Sollen Verzauberer künftig auch stundenlang Mobs abfarmen, um an Mats zu kommen?
Oder biste doch eher damit zufrieden, dass man die Mats mit etwas Glück beim täglichen Instanzgang eh hinterher geschmissen bekommt?


----------



## skyline930 (30. Dezember 2010)

WeisseKroete schrieb:


> Warum ??



Weil VZ als einziger seine "höheren" Mats NICHT alleine farmen kann.


----------



## WeisseKroete (30. Dezember 2010)

Wie immer ... eine normale Frage und ihr fühlt Euch angegriffen oder es kommen nur (fast nur) dumme Antworten ... 
.. danke bitte Thread schliessen.


----------



## Chelrid (30. Dezember 2010)

nun ja, ich hab das Problem nicht, da ich mit meinen Chars alle Berufe abgedeckt habe. und da fallen beim skillen das ein oder andere item ab. das wird einfach entzaubert. und fertig.

und wenn man seinen 80er auf 85 levelt braucht man eh nicht jedes item und kann diesen entsprechend verkaufen oder entzaubern lassen, sofern sie nicht seelengebunden sind.

ich seh absolut kein problem darin.


----------



## Destructix (30. Dezember 2010)

Ob ich nun das grüne Zeug gewinnen und meinem Entzauberer schicke oder es von einem Entzauberer in der Gruppe sofort zerstäubt wird... wo ist der Unterschied?
Einzig bei blauen Gegenständen die bop sind würde man in die Röhre kucken und da ist es auch nicht immer das du es gewinnen würdest.


----------



## Destructix (30. Dezember 2010)

WeisseKroete schrieb:


> Wie immer ... eine normale Frage und ihr fühlt Euch angegriffen oder es kommen nur (fast nur) dumme Antworten ...
> .. danke bitte Thread schliessen.



Wo kamen "nur" dumme Antworten? Sag lieber... es waren nur Antworten die richtig waren und nur Dir nicht gefallen das es so ist.


----------



## Benon (30. Dezember 2010)

Wenn du eine richtige Antwort haben willst schau dir die posts nochmal an und komm mal n bissl runter, die sprechen alle die Wahrheit.
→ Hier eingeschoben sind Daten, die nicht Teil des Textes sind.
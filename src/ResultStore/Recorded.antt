-- ===== src/ResultStore/Recorded.antt =====
-- What a method that records a text in one field of a result leaves.
use semvi_btp.Common.{
  ◌≡◌, refl, ap, sym, subst, ◌∙◌, String, Bool, true, ◌&&◌, Option, some, inl, inr, Run, returns,
  ◌>>=◌, ◌==◌, eq_iff, if◌then◌else◌, Bool-cases, Ensures,
}
use semvi_btp.Common.GoMap.{GoMap, nil_map, IsMade, MadeOf}
use semvi_btp.ResultStore.Defs.{Key, Result, Store, new_key, with_result}
use semvi_btp.ResultStore.Writes.{current, or_new, with_result-Wrote, Wrote}
use semvi_btp.ResultStore.Nodes.{text_at, WroteAt, record_at-WroteAt}
use semvi_btp.ResultStore.Safety.{IsSound, Kept, step-Kept, IsSound-IsMade}
use semvi_btp.ResultStore.Calls.{Call, step, record_at}

-- A result but for its scores and final scores, which are left out.
abbrev pub without_scores : Result → Result
without_scores r = record r { score = nil_map; final_score = nil_map }

-- Two stores with the same results of all pods but for scores and final scores, and the same weights.
abbrev pub SameButScores : Store → Store → Type 0
SameButScores s t =
    ((j : Key) → without_scores (current t j) ≡ without_scores (current s j))
    × (t.score_plugin_weight ≡ s.score_plugin_weight)

-- The texts that the store has for a pod, empty where it has no result.
abbrev pub filter_text : Store → Key → String → String → Option String
filter_text s k node plugin = text_at (current s k).filter node plugin

abbrev pub score_text : Store → Key → String → String → Option String
score_text s k node plugin = text_at (current s k).score node plugin

abbrev pub final_text : Store → Key → String → String → Option String
final_text s k node plugin = text_at (current s k).final_score node plugin

-- One more text, at the pod, the node and the plugin.
abbrev pub with_text :
    (Key → String → String → Option String)
    → Key
    → String
    → String
    → String
    → Key
    → String
    → String
    → Option String
with_text texts k node plugin text j n p =
    if (k == j) && ((node == n) && (plugin == p)) then some text else texts j n p

pub current-Wrote :
    (k j : Key) (r : Result) (s t : Store)
    → Wrote k r s t
    → current t j ≡ (if k == j then r else current s j)
current-Wrote k j r s t w = elim (Bool-cases (k == j)) [
  | inl e ↦ ap or_new (w.views j) ∙ rw e refl
  | inr e ↦ ap or_new (w.views j) ∙ rw e refl
]

module _ (k : Key) (node plugin text : String) (field : Result → GoMap (GoMap String)) where
  Wrote-field :
      (s t : Store) (r : Result) (m : GoMap (GoMap String))
      → WroteAt node plugin text (field (current s k)) m
      → field r ≡ m
      → Wrote k r s t
      → (j : Key) (n p : String)
      → text_at (field (current t j)) n p
        ≡ with_text (λ j. text_at (field (current s j))) k node plugin text j n p
  Wrote-field s t r m at e w j n p =
      let before = λ (i : Key). text_at (field (current s i)) n p in
      let answer = λ (b : Bool) (i : Key).
        if b && ((node == n) && (plugin == p)) then some text else before i in
      let now = current-Wrote k j r s t w in
      elim (Bool-cases (k == j)) [
        | inl q ↦
            ap (λ x. text_at (field x) n p) (now ∙ ap (λ b. if b then r else current s j) q)
            ∙ ap (λ x. text_at x n p) e
            ∙ at.texts n p
            ∙ ap (answer true) ((eq_iff k j).0 q)
            ∙ ap (λ b. answer b j) (sym q)
        | inr q ↦
            ap (λ x. text_at (field x) n p) (now ∙ ap (λ b. if b then r else current s j) q)
            ∙ ap (λ b. answer b j) (sym q)
      ]

-- A write keeps a field that the new result has as the old one.
pub kept_field :
    {A : Type 0} (k : Key) (field : Result → A) (s t : Store) (r : Result)
    → field r ≡ field (current s k)
    → Wrote k r s t
    → (j : Key) → field (current t j) ≡ field (current s j)
kept_field k field s t r e w j =
    let now = current-Wrote k j r s t w in
    elim (Bool-cases (k == j)) [
      | inl q ↦
          ap field (now ∙ ap (λ b. if b then r else current s j) q)
          ∙ e
          ∙ ap (λ i. field (current s i)) ((eq_iff k j).0 q)
      | inr q ↦ ap field (now ∙ ap (λ b. if b then r else current s j) q)
    ]

-- A method that records a text in a field.
pub record Recorded (k : Key) (node plugin text : String) (field : Result → GoMap (GoMap String))
    (update : Result → GoMap (GoMap String) → Result) (s t : Store) : Type 0 where
  pub wrote_to : GoMap (GoMap String)
  pub wrote : Wrote k (update (current s k) wrote_to) s t
  pub texts :
      (j : Key) (n p : String)
      → text_at (field (current t j)) n p
        ≡ with_text (λ i. text_at (field (current s i))) k node plugin text j n p

module _ (k : Key) (node plugin text : String) (field : Result → GoMap (GoMap String))
    (update : Result → GoMap (GoMap String) → Result)
    (read_back : (r : Result) (m : GoMap (GoMap String)) → field (update r m) ≡ m) where
  abbrev pub write : Result → Run Result
  write r = record_at node plugin text (field r) >>= λ m. returns (update r m)

  pub record_step :
      (s : Store)
      → IsSound s
      → MadeOf IsMade (field (current s k))
      → (t : Store) × (with_result k write s ≡ returns t)
        × Recorded k node plugin text field update s t
  record_step s h made_field =
      let (m, e, at) = record_at-WroteAt node plugin text (field (current s k)) made_field in
      let r = update (current s k) m in
      let (t, q, w) = with_result-Wrote k write s r (IsSound-IsMade s.results h) (rw e refl) in
      (
        t,
        q,
        record {
          wrote_to = m;
          wrote = w;
          texts = Wrote-field k node plugin text field s t r m at (read_back (current s k) m) w;
        },
      )

pub IsSound-after :
    (ns pod : String) (c : Call) (s t : Store) → IsSound s → step ns pod c s ≡ returns t → IsSound t
IsSound-after ns pod c s t h e =
    (subst (Ensures (Kept (new_key ns pod) s)) e (step-Kept ns pod c s h)).sound

abbrev pub set_filter : Result → GoMap (GoMap String) → Result
set_filter r m = record r { filter = m }

abbrev pub set_score : Result → GoMap (GoMap String) → Result
set_score r m = record r { score = m }

abbrev pub set_final : Result → GoMap (GoMap String) → Result
set_final r m = record r { final_score = m }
Das Item droppt jeder würfelt "entzaubern", und bekommt die Mats in die Tasche.

Selbige Situation:

Das Item droppt jeder würfelt "gier", bekommt das item, und lässt es sich von nem Vz seines Vertrauens entzaubern. 

Wo genau ist hier das teilen der Mats?? 

Aber wie ich es Verzauberern schon oft ans herz legte, KOMMUNIZIEREN!!!! 

Frag doch mal die Leute ob du die Items, die nicht benötigt werden nehmen darfst da du am skillen bist. Es gibt zwar n paar pappenheimer die dann Nein sagen, aber bis jetzt hatte ich damit gute erfahrungen. Wenn sie von deinem Server sind gib ihnen halt Gold, ansonsten hoff das du würfelglück hast.

Aber teilen musst du DEINE mats in keiner Situation.

PS: Selbst in meiner Gilde werden Epische Items die Entzaubert werden schon lang nichmehr im Raid verwürfelt (also die Mats am Ende des Raids) wies in Lichking war, die Gilde unterstützt ihre Verzauberer, such dir eine und hoff das diese es auch tut. Dann gibt es keine Probleme.


----------



## Trez (30. Dezember 2010)

WeisseKroete schrieb:


> Lederer
> Schmied/Juwelenschleifer
> Alchimisten/Schreiber



Bei den Berufen wüsste ich gerne wie man an Mats kommt und vorallem an welche...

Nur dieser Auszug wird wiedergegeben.